+++ Data for analysis +++

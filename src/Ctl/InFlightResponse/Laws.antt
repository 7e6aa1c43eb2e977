-- ===== src/Ctl/InFlightResponse/Laws.antt =====
-- The codec of `InFlightResponse`: its size, its bytes and its parser agree.
use sysadmin.Base.{[], ◌++◌, map, All, ◌≡◌, refl, ok, arith}
use sysadmin.Protobuf.{Bytes, length_delimited, Protobuf}
use sysadmin.Protobuf.Laws.{IsLawful, Fits}
use sysadmin.Wire.{expect}
use sysadmin.Wire.Sized.{each-sized, all_initialized-sized}
use sysadmin.Wire.Initialized.{all_initialized-map}
use sysadmin.Wire.Codec.{IsCodec, Sizes, Writes}
use sysadmin.Wire.Sizes.{each, wrap32-Sizes, append-Sizes, message_bytes, each_message-Sizes}
use sysadmin.Wire.Kinds.{unknown-Sizes, unknown-Writes}
use sysadmin.Wire.Writes.{append-Writes, each_message-Writes}
use sysadmin.Wire.Reads.{Parses, append-Parses, merge_loop-reads}
use sysadmin.Wire.Reads.Fields.{unknown_reads}
use sysadmin.Wire.Reads.Messages.{repeated_message_reads}
use sysadmin.Ctl.MappedField.Laws as MappedFieldLaws
use sysadmin.Ctl.MappedField
use sysadmin.Ctl.InFlightResponse.{
  InFlightResponse, new, is_initialized, merge_field, merge_from, compute_size,
  write_to_with_cached_sizes, get_cached_size, message,
}

module _ ⦃P : Protobuf⦄ (L : IsLawful P) where
  unfoldable pub encode : InFlightResponse → Bytes
  encode m =
      each (message_bytes L (MappedFieldLaws.codec L).encode 1) m.kvs ++ L.unknown m.unknown_fields

  unfoldable pub fresh : InFlightResponse → InFlightResponse
  fresh m = record {
    kvs = map (MappedFieldLaws.codec L).fresh m.kvs;
    unknown_fields = P.no_fields;
    cached_size = 0;
  }

  pub record IsValid (m : InFlightResponse) : Type 0 where
    pub valid_kvs : All (MappedFieldLaws.codec L).IsValid m.kvs
    pub no_unknown : m.unknown_fields ≡ P.no_fields

  pub compute_size-Sizes : (m : InFlightResponse) → Sizes (compute_size m).0 (encode m)
  unfolding compute_size encode
  compute_size-Sizes m = wrap32-Sizes (
      append-Sizes
        (each_message-Sizes L (MappedFieldLaws.codec L) 1 1
          (L.length-tag 1 length_delimited (omega arith) (omega arith)) m.kvs)
        (unknown-Sizes L m.unknown_fields))

  pub write_to_writes :
      (m : InFlightResponse) → Writes (write_to_with_cached_sizes (compute_size m).1) (encode m)
  unfolding compute_size write_to_with_cached_sizes encode
  write_to_writes m =
      append-Writes (each_message-Writes L (MappedFieldLaws.codec L) 1 1 m.kvs)
        (unknown-Writes L m.unknown_fields)

  message-Parses : (m : InFlightResponse) → IsValid m → Parses merge_field new (encode m) (fresh m)
  unfolding merge_field expect new encode fresh
  message-Parses m v =
      append-Parses
        (record {
          parse =
              repeated_message_reads L (MappedFieldLaws.codec L) merge_field 1 (omega arith)
                (λ v. record { kvs = v; unknown_fields = P.no_fields; cached_size = 0 })
                (λ is ms. refl) m.kvs v.valid_kvs;
        })
        (record {
          parse = λ h. unknown_reads L merge_field (fresh m) m.unknown_fields v.no_unknown;
        })

  pub cached : (m : InFlightResponse) → get_cached_size (compute_size m).1 ≡ (compute_size m).0
  unfolding get_cached_size compute_size
  cached m = refl

  pub merged :
      (m : InFlightResponse)
      → IsValid m
      → Fits (encode m)
      → merge_from new (encode m) ≡ ok (fresh m, [])
  unfolding merge_from
  merged m v h = merge_loop-reads L ((message-Parses m v).parse h)

  pub initialized_fresh : (m : InFlightResponse) → is_initialized (fresh m) ≡ is_initialized m
  unfolding is_initialized fresh MappedField.message
  initialized_fresh m = rw (
      all_initialized-map (MappedFieldLaws.codec L).fresh MappedField.is_initialized
        (MappedFieldLaws.codec L).is_initialized-fresh m.kvs)

  pub encode_sized : (m : InFlightResponse) → encode (compute_size m).1 ≡ encode m
  unfolding compute_size encode
  encode_sized m = rw (each-sized L (MappedFieldLaws.codec L) 1 1 m.kvs)

  pub initialized_sized :
      (m : InFlightResponse) → is_initialized (compute_size m).1 ≡ is_initialized m
  unfolding compute_size is_initialized MappedField.message
  initialized_sized m = rw (all_initialized-sized L (MappedFieldLaws.codec L) 1 m.kvs)

  unfoldable pub codec : IsCodec message
  unfolding message encode fresh
  codec = record {
    encode = encode;
    fresh = fresh;
    IsValid = IsValid;
    is_initialized-fresh = initialized_fresh;
    encode-compute_size = encode_sized;
    is_initialized-compute_size = initialized_sized;
    compute_size_lem = compute_size-Sizes;
    get_cached_size_lem = cached;
    write_lem = write_to_writes;
    merge_from_lem = λ m v h. merged m v h;
  }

+++

**Exercise instructions**
Of the lines above, extract only those from the line with "pub valid_kvs : All" to the line with "(unknown-Writes L m.unknown_fields)", both included, exactly as written.

**Response for this exercise**
    pub valid_kvs : All (MappedFieldLaws.codec L).IsValid m.kvs
    pub no_unknown : m.unknown_fields ≡ P.no_fields

  pub compute_size-Sizes : (m : InFlightResponse) → Sizes (compute_size m).0 (encode m)
  unfolding compute_size encode
  compute_size-Sizes m = wrap32-Sizes (
      append-Sizes
        (each_message-Sizes L (MappedFieldLaws.codec L) 1 1
          (L.length-tag 1 length_delimited (omega arith) (omega arith)) m.kvs)
        (unknown-Sizes L m.unknown_fields))

  pub write_to_writes :
      (m : InFlightResponse) → Writes (write_to_with_cached_sizes (compute_size m).1) (encode m)
  unfolding compute_size write_to_with_cached_sizes encode
  write_to_writes m =
      append-Writes (each_message-Writes L (MappedFieldLaws.codec L) 1 1 m.kvs)
        (unknown-Writes L m.unknown_fields)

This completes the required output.